The SEC contends that Shapiro of Sherman Oaks, CA, owned and controlled several limited liability companies “(LLCs”) which purportedly managed a large portfolio of commercial loans. From July 2012 until December 2017 investors were sold unregistered securities in the form of promissory notes and, under the terms of the notes, were to receive periodic interest payments.
Investors were told that the Woodbridge funds would be making commercial loans and that the third party borrowers would be making high rate interest payments back to the funds. In reality, 275 LLCs Shapiro owned and controlled borrowed most of the investors’ funds. These LLCs had no revenue or assets and made no loan payments to the Woodbridge funds. Instead, in classic Ponzi scheme fashion, Shapiro used funds deposited by new investors to make supposed interest and dividend payments to existing investors.

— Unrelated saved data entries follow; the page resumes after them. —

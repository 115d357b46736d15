-- ===== src/DataBlock/Copy.antt =====
-- A piece of a block that WriteData of datablock.cpp writes and ReadData reads back.
use par2tbb.Base.{ℕ, zero, suc, ◌+◌, ◌-◌, ◌≤◌, ◌≡◌, refl, ap, ◌∙◌, arith, min, ltb}
use par2tbb.Base.{List, [], ◌∷◌, ◌++◌, length, take, drop, length-take}
use par2tbb.Base.{true, false, inl, inr, some}
use par2tbb.Md5.Stream.{zero_bytes}
use par2tbb.Checksummer.{Disk, read, overwrite}
use par2tbb.Checksummer.Progress.{IsReadable}
use par2tbb.Checksummer.Slices.{take-append_eq}
use par2tbb.DataBlock.{DataBlock, Volume, read_data, write_data, zero_rest}
use par2tbb.DataBlock.Bounds.{drop-append_eq, write_data-cases}

-- The piece that was written, in the file.
piece-overwrite :
    (b : List ℕ) (at n : ℕ) (bytes : List ℕ)
    → at + length bytes ≤ length b
    → n ≡ length bytes
    → take n (drop at (overwrite b at bytes)) ≡ bytes
piece-overwrite b at n bytes h same =
    ap (take n) (drop-append_eq at (take at b) _ (omega (arith, length-take at b)))
    ∙ take-append_eq n bytes _ same

pub read_readable :
    (d : Disk) (offset len : ℕ)
    → IsReadable d
    → read d offset len ≡ some (take len (drop offset d.contents))
unfolding read
read_readable d offset len r = rw (r offset len) refl

take-min : (bytes : List ℕ) (n : ℕ) → take (min (length bytes) n) bytes ≡ take n bytes
take-min [] zero = refl
take-min [] (suc n) = ap (λ m. take {A = ℕ} m []) {y = 0} (omega arith)
take-min (x ∷ xs) zero = ap (λ m. take m (x ∷ xs)) {y = 0} (omega arith)
take-min (x ∷ xs) (suc n) =
    ap (λ m. take m (x ∷ xs)) {y = suc (min (length xs) n)} (omega arith)
    ∙ ap (λ r. x ∷ r) (take-min xs n)

-- After a WriteData that succeeds on a block that its file holds, and while reads succeed,
-- ReadData at the same position gives the bytes that were written up to the end of the block,
-- and zeros for the rest of the buffer.
pub read_data-write_data :
    (v w : Volume) (b : DataBlock) (position wrote : ℕ) (bytes : List ℕ)
    → b.offset + b.length ≤ length v.disk.contents
    → IsReadable w.disk
    → write_data v b position bytes ≡ some (wrote, w)
    → read_data w.disk b position (length bytes)
      ≡ some (take (b.length - position) bytes ++ zero_bytes (length bytes - (b.length - position)))
unfolding read_data zero_rest
read_data-write_data v w b position wrote bytes h r done =
    let want = min (length bytes) (b.length - position) in
    elim (write_data-cases v w b position wrote bytes done) [
      | inl (outside, nothing, same) ↦
          let test : ltb position b.length ≡ false = ground arith in
          let none_left : b.length - position ≡ 0 = omega arith in
          rw (test, none_left) (ap (λ n. some (zero_bytes n)) {y = length bytes - 0} (omega arith))
      | inr (inside, count, stored) ↦
          let test : ltb position b.length ≡ true = ground arith in
          let size : length (take wrote bytes) ≡ wrote = omega (arith, length-take wrote bytes) in
          let piece : take want (drop (b.offset + position) w.disk.contents) ≡ take wrote bytes =
            ap (λ c. take want (drop (b.offset + position) c)) stored
            ∙ piece-overwrite v.disk.contents (b.offset + position) want (take wrote bytes)
                (omega arith) (omega arith) in
          let cut : take wrote bytes ≡ take (b.length - position) bytes =
            ap (λ n. take n bytes) count ∙ take-min bytes (b.length - position) in
          rw test (
            ap (zero_rest (length bytes))
              (read_readable w.disk (b.offset + position) want r ∙ ap some (piece ∙ cut))
            ∙ ap (λ n. some (take (b.length - position) bytes ++ zero_bytes n))
                (omega (arith, length-take (b.length - position) bytes)))
    ]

Shapiro/Woodbridge ultimately raised $1.22 billion from 8,400 investors, including 2,600 who bought notes with retirement funds. The promissory notes were sold to the unsuspecting investors through Woodbridge’s unregistered in house sales agents and outside sales agents. The agents misrepresented the promissory notes as “low risk,” “safe” and “conservative” investments.
By making the interest payments using new investors’ funds, Woodbridge was able to induce the new investors to deposit funds and have existing investors roll over their promissory notes into new notes as the original notes matured.
In addition, the SEC complaint says Shapiro diverted over $21 million from investor funds for the personal use of him and his family. Shapiro and his family used investor funds to purchase luxury cars, jewelry, fine wine, charted air flights and country club memberships.
Shapiro’s empire collapsed in December 2017 when, as in the case of most Ponzi schemes, he ran out of money. Unable to pay investors their interest and/or dividend payments, most of the funds declared bankruptcy. Investors are owed over $961 million as a result of the collapse of the funds.
If you invested in any of the Woodbridge Group of Companies’ funds (see the list of defendants in the SEC complaint below) contact us now to discuss what your options are. Lubiner, Schmidt & Palumbo are experienced securities arbitration, litigation and regulatory attorneys. We can assist you in protecting your rights and recovering lost funds.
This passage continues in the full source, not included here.